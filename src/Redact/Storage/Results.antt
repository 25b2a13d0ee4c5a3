-- ===== src/Redact/Storage/Results.antt =====
-- redact/storage_runtime.go: the results that are no errors, and what RestoreString does with the stored
-- text.
use kratos_kit.Base.{
  ◌≡◌, refl, inl, inr, Bool, ◌||◌, not, String, true, false, Option, none, some, Bool-cases, arith,
  if◌then◌else◌,
}
use kratos_kit.Base.Int.{ℤ}
use kratos_kit.Redact.Storage.{Library, StorageError, StorageProtector, Result, ok, failed, ◌>>=◌}
use kratos_kit.Redact.Storage.Table.{
  StorageFieldPolicy, StorageValue, ValueStore, RedactStorage, is_positive, is_negative,
  is_not_found,
}
use kratos_kit.Redact.Storage.Runtime.{restore_string, restored, restore_in}

-- What a test that ends in an error leaves
module _ {A : Type 0} where
  pub ok-else :
      (b : Bool) (e : StorageError) (x : Result A) (y : A)
      → (if b then failed e else x) ≡ ok y
      → x ≡ ok y
  ok-else true e x y h = absurd (ground arith)
  ok-else false e x y h = h

  pub ok-then :
      (b : Bool) (e : StorageError) (x : Result A) (y : A)
      → (if b then x else failed e) ≡ ok y
      → x ≡ ok y
  ok-then true e x y h = h
  ok-then false e x y h = absurd (ground arith)

  pub ok_inj : (x y : A) → ok x ≡ ok y → x ≡ y
  ok_inj x y h = ground (arith, h)

pub ok-bind :
    {A B : Type 0} (r : Result A) (f : A → Result B) (y : B)
    → (r >>= f) ≡ ok y
    → (x : A) × ((r ≡ ok x) × (f x ≡ ok y))
ok-bind (ok x) f y h = (x, (refl, h))
ok-bind (failed e) f y h = absurd (ground arith)

not_plain :
    (old plain : String) → ◌≡◌ {A = Result (String × Bool)} (ok (old, false)) (ok (plain, true)) → ⊥
not_plain old plain h = ground (arith, ok_inj (old, false) (plain, true) h)

-- RestoreString looks at the stored text only where it finds nothing.
module _ (lib : Library) (p : StorageFieldPolicy) (old new plain : String) where
  restored_any :
      (pr : Option StorageProtector) (found : Result StorageValue)
      → restored lib pr p old found ≡ ok (plain, true)
      → restored lib pr p new found ≡ ok (plain, true)
  restored_any pr (ok v) h = h
  restored_any pr (failed e) h =
      absurd (not_plain old plain (ok-then (is_not_found e) e (ok (old, false)) (plain, true) h))

  restore_in_any :
      {S : Type 0} (store : Option (ValueStore S)) (pr : Option StorageProtector) (record_id : ℤ)
      (table : S)
      → restore_in lib store pr p record_id old table ≡ ok (plain, true)
      → restore_in lib store pr p record_id new table ≡ ok (plain, true)
  restore_in_any none pr record_id table h = absurd (not_plain old plain h)
  restore_in_any (some store) none record_id table h = absurd (not_plain old plain h)
  restore_in_any (some store) (some pr) record_id table h =
      elim (Bool-cases (is_negative p.tenant_id || not (is_positive record_id))) [
        | inl e ↦ absurd (not_plain old plain (rw e at h))
        | inr e ↦
            rw e (restored_any (some pr) (store.find p.tenant_id p.id record_id table) (rw e at h))
      ]

  pub restore_string_any :
      {S E : Type 0} (s : Option (RedactStorage S E)) (record_id : ℤ) (table : S)
      → restore_string lib s p record_id old table ≡ ok (plain, true)
      → restore_string lib s p record_id new table ≡ ok (plain, true)
  unfolding restore_string
  restore_string_any none record_id table h = absurd (not_plain old plain h)
  restore_string_any (some s) record_id table h =
      restore_in_any s.value_store s.protector record_id table h
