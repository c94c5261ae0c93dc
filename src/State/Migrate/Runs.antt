-- ===== src/State/Migrate/Runs.antt =====
-- A migration of a current or newer file, and one in which no call fails.
use mathlib.Core.Path.{subst}
use umleitung.Base.{
  ℕ, ◌-◌, ◌≡◌, ◌≤◌, refl, sym, Bool, false, inl, inr, Option, none, some, List, ltb, arith,
  if◌then◌else◌, Bool-cases,
}
use umleitung.Base.Text.{Text}
use umleitung.Base.Exec.{ok, err, newer_schema}
use umleitung.State.Tables.{FolderRow}
use umleitung.State.Migrate.{
  File, create_v1, create_v2, FileConn, migrate_step, migrate_from, migrate,
}
use umleitung.State.Migrate.Schema.{IsEarlier, unversioned, versioned, first_schema}

-- A file of the second schema or of a later one is left as it is. A later one is refused, by the
-- error that says so if the version can be read.
migrate-current :
    (faults : ℕ → Bool) (c : FileConn)
    → 2 ≤ c.file.user_version
    → (faults c.calls ≡ false)
    → ((migrate faults c).0 ≡ (if ltb 2 c.file.user_version then err newer_schema else ok tt))
      × ((migrate faults c).1.file ≡ c.file)
unfolding migrate migrate_from
migrate-current faults c h e = elim (Bool-cases (ltb 2 c.file.user_version)) [
  | inl newer ↦ rw (e, newer) (refl, refl)
  | inr same ↦ let n : 2 - c.file.user_version ≡ 0 = omega arith in rw (e, same, n) (refl, refl)
]

migrate_first :
    (f : File) (n : ℕ)
    → f.members ≡ none
    → f.pending ≡ none
    → (migrate (λ n. false) (record { file = first_schema f; calls = n })).0 ≡ ok tt
unfolding migrate migrate_from migrate_step create_v2
migrate_first f n m p = rw (m, p) refl

migrate_unversioned :
    (f : File) (labels : Option (List (Text × Text))) (folders : Option (List FolderRow)) (n : ℕ)
    → (migrate
        (λ n. false)
        (record {
          file = record f {
            user_version = 0;
            labels = labels;
            folders = folders;
            members = none;
            pending = none;
          };
          calls = n;
        })).0
      ≡ ok tt
unfolding migrate migrate_from migrate_step create_v1 create_v2
migrate_unversioned f none none n = refl
migrate_unversioned f none (some fs) n = refl
migrate_unversioned f (some ls) none n = refl
migrate_unversioned f (some ls) (some fs) n = refl

unversioned_fields :
    (f : File)
    → f.user_version ≡ 0
    → f.members ≡ none
    → f.pending ≡ none
    → f ≡ record f { user_version = 0; members = none; pending = none }
unversioned_fields f e m p = λ i. record f { user_version = e i; members = m i; pending = p i }

-- If no call fails, a file that an earlier version has left is migrated.
pub migrate-unfailing : (c : FileConn) → IsEarlier c.file → (migrate (λ n. false) c).0 ≡ ok tt
unfolding migrate migrate_from migrate_step create_v1 create_v2
migrate-unfailing c (unversioned e m p) =
    subst (λ f. (migrate (λ n. false) (record { file = f; calls = c.calls })).0 ≡ ok tt)
      (sym (unversioned_fields c.file e m p))
      (migrate_unversioned c.file c.file.labels c.file.folders c.calls)
migrate-unfailing c (versioned e m p) =
    subst (λ g. (migrate (λ n. false) (record { file = g; calls = c.calls })).0 ≡ ok tt) (sym e)
      (migrate_first c.file c.calls m p)
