-- ===== src/State/Rows.antt =====
-- The tables as maps: what a look finds after a change.
use umleitung.Base.{
  ℕ, zero, suc, ◌+◌, ◌/◌, ◌^◌, ◌≡◌, Bool, true, false, ◌&&◌, some, List, [], ◌∷◌, ◌<◌, ltb, lt→ltb,
  Bool-cases, inl, inr, if◌then◌else◌, arith,
}
use umleitung.Base.Text.{
  Text, codes, ◌==◌, eq_iff, eq_refl, decimal, digits, parse_uint, parse_digits,
}
use umleitung.Base.Decimal.{parse_digits-decimal}
use umleitung.Base.Exec.{ok}
use umleitung.State.Tables.{
  Db, MemberRow, MemberChangeItem, is_member, put_member, remove_member, upsert_member,
  delete_member, insert_pending, lookup_meta, put_meta,
}
use umleitung.State.Store.{
  Conn, last_uid, set_last_uid, meta_get_uint, meta_get, meta_set, meta_set_uint, read_uint,
}
use umleitung.State.Atomic.{change_row}

lookup_meta-put_meta :
    (k v : Text) (rows : List (Text × Text)) → lookup_meta k (put_meta k v rows) ≡ v
unfolding lookup_meta put_meta
lookup_meta-put_meta k v [] = rw (eq_refl k)
lookup_meta-put_meta k v ((j, w) ∷ rows) = elim (Bool-cases (j == k)) [
  | inl same ↦ rw (same, eq_refl k)
  | inr other ↦ rw (other, other, lookup_meta-put_meta k v rows)
]

is_member-put_member :
    (f k g j : Text) (u : ℕ) (rows : List MemberRow)
    → is_member g j (put_member f k u rows)
      ≡ (if f == g && k == j then true else is_member g j rows)
unfolding is_member put_member
is_member-put_member f k g j u [] = ground arith
is_member-put_member f k g j u (r ∷ rows) = ground (
  arith,
  is_member-put_member f k g j u rows,
  eq_iff r.folder f,
  eq_iff r.key k,
  eq_iff r.folder g,
  eq_iff r.key j,
  eq_iff f g,
  eq_iff k j,
)

is_member-remove_member :
    (f k g j : Text) (rows : List MemberRow)
    → is_member g j (remove_member f k rows)
      ≡ (if f == g && k == j then false else is_member g j rows)
unfolding is_member remove_member
is_member-remove_member f k g j [] = ground arith
is_member-remove_member f k g j (r ∷ rows) = ground (
  arith,
  is_member-remove_member f k g j rows,
  eq_iff r.folder f,
  eq_iff r.key k,
  eq_iff r.folder g,
  eq_iff r.key j,
  eq_iff f g,
  eq_iff k j,
)

-- As a set of memberships, the table changes at the item's folder and key alone: there it holds the
-- membership after an addition, and does not after a removal.
pub is_member-change_row :
    (folder g j : Text) (it : MemberChangeItem) (db : Db)
    → is_member g j (change_row folder it db).members
      ≡ (if folder == g && it.key == j then it.add else is_member g j db.members)
unfolding change_row upsert_member delete_member insert_pending
is_member-change_row folder g j it db = ground (
  arith,
  is_member-put_member folder it.key g j it.uid db.members,
  is_member-remove_member folder it.key g j db.members,
)

abbrev IsNotEmpty : Text → Type 0
IsNotEmpty [] = ⊥
IsNotEmpty (c ∷ s) = Unit

digits-IsNotEmpty : (fuel n : ℕ) (acc : Text) → IsNotEmpty acc → IsNotEmpty (digits fuel n acc)
unfolding digits
digits-IsNotEmpty zero n acc h = h
digits-IsNotEmpty (suc fuel) n acc h = elim (Bool-cases (ltb n 10)) [
  | inl small ↦ rw small tt
  | inr big ↦ rw big (digits-IsNotEmpty fuel (n / 10) _ tt)
]

decimal-IsNotEmpty : (n : ℕ) → IsNotEmpty (decimal n)
unfolding decimal digits
decimal-IsNotEmpty n = elim (Bool-cases (ltb n 10)) [
  | inl small ↦ rw small tt
  | inr big ↦ rw big (digits-IsNotEmpty n (n / 10) _ tt)
]

read_uint_lem :
    (s : Text) (n : ℕ) → IsNotEmpty s → parse_digits 0 s ≡ some n → n < 2 ^ 32 → read_uint s ≡ ok n
unfolding parse_uint ◌==◌
read_uint_lem [] n full e small = elim full [ ]
read_uint_lem (c ∷ s) n full e small = let b : ltb n (2 ^ 32) ≡ true = lt→ltb _ _ small in rw (e, b)

read_uint-decimal : (n : ℕ) → n < 2 ^ 32 → read_uint (decimal n) ≡ ok n
read_uint-decimal n small =
    read_uint_lem (decimal n) n (decimal-IsNotEmpty n) (parse_digits-decimal n) small

-- A last UID below 2^32 is read back as it was stored, when the database answers both calls.
pub last_uid-set_last_uid :
    (faults : ℕ → Bool) (n : ℕ) (c : Conn)
    → n < 2 ^ 32
    → faults c.calls ≡ false
    → faults (c.calls + 1) ≡ false
    → (last_uid faults (set_last_uid faults n c).1).0 ≡ ok n
unfolding last_uid set_last_uid meta_get_uint meta_set_uint meta_get meta_set
last_uid-set_last_uid faults n c small q0 q1 = ground (
  arith,
  q0,
  q1,
  read_uint-decimal n small,
  lookup_meta-put_meta (codes "last_uid") (decimal n) c.db.meta,
)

* [ASSIGNMENT]: Keep both end lines and retype everything in the records above from the line containing "restored_any pr (ok v) h = h" through the line containing "elim (Bool-cases (is_negative", exactly, with nothing else.

* [TASK SOLUTION]:
  restored_any pr (ok v) h = h
  restored_any pr (failed e) h =
      absurd (not_plain old plain (ok-then (is_not_found e) e (ok (old, false)) (plain, true) h))

  restore_in_any :
      {S : Type 0} (store : Option (ValueStore S)) (pr : Option StorageProtector) (record_id : ℤ)
      (table : S)
      → restore_in lib store pr p record_id old table ≡ ok (plain, true)
      → restore_in lib store pr p record_id new table ≡ ok (plain, true)
  restore_in_any none pr record_id table h = absurd (not_plain old plain h)
  restore_in_any (some store) none record_id table h = absurd (not_plain old plain h)
  restore_in_any (some store) (some pr) record_id table h =
      elim (Bool-cases (is_negative p.tenant_id || not (is_positive record_id))) [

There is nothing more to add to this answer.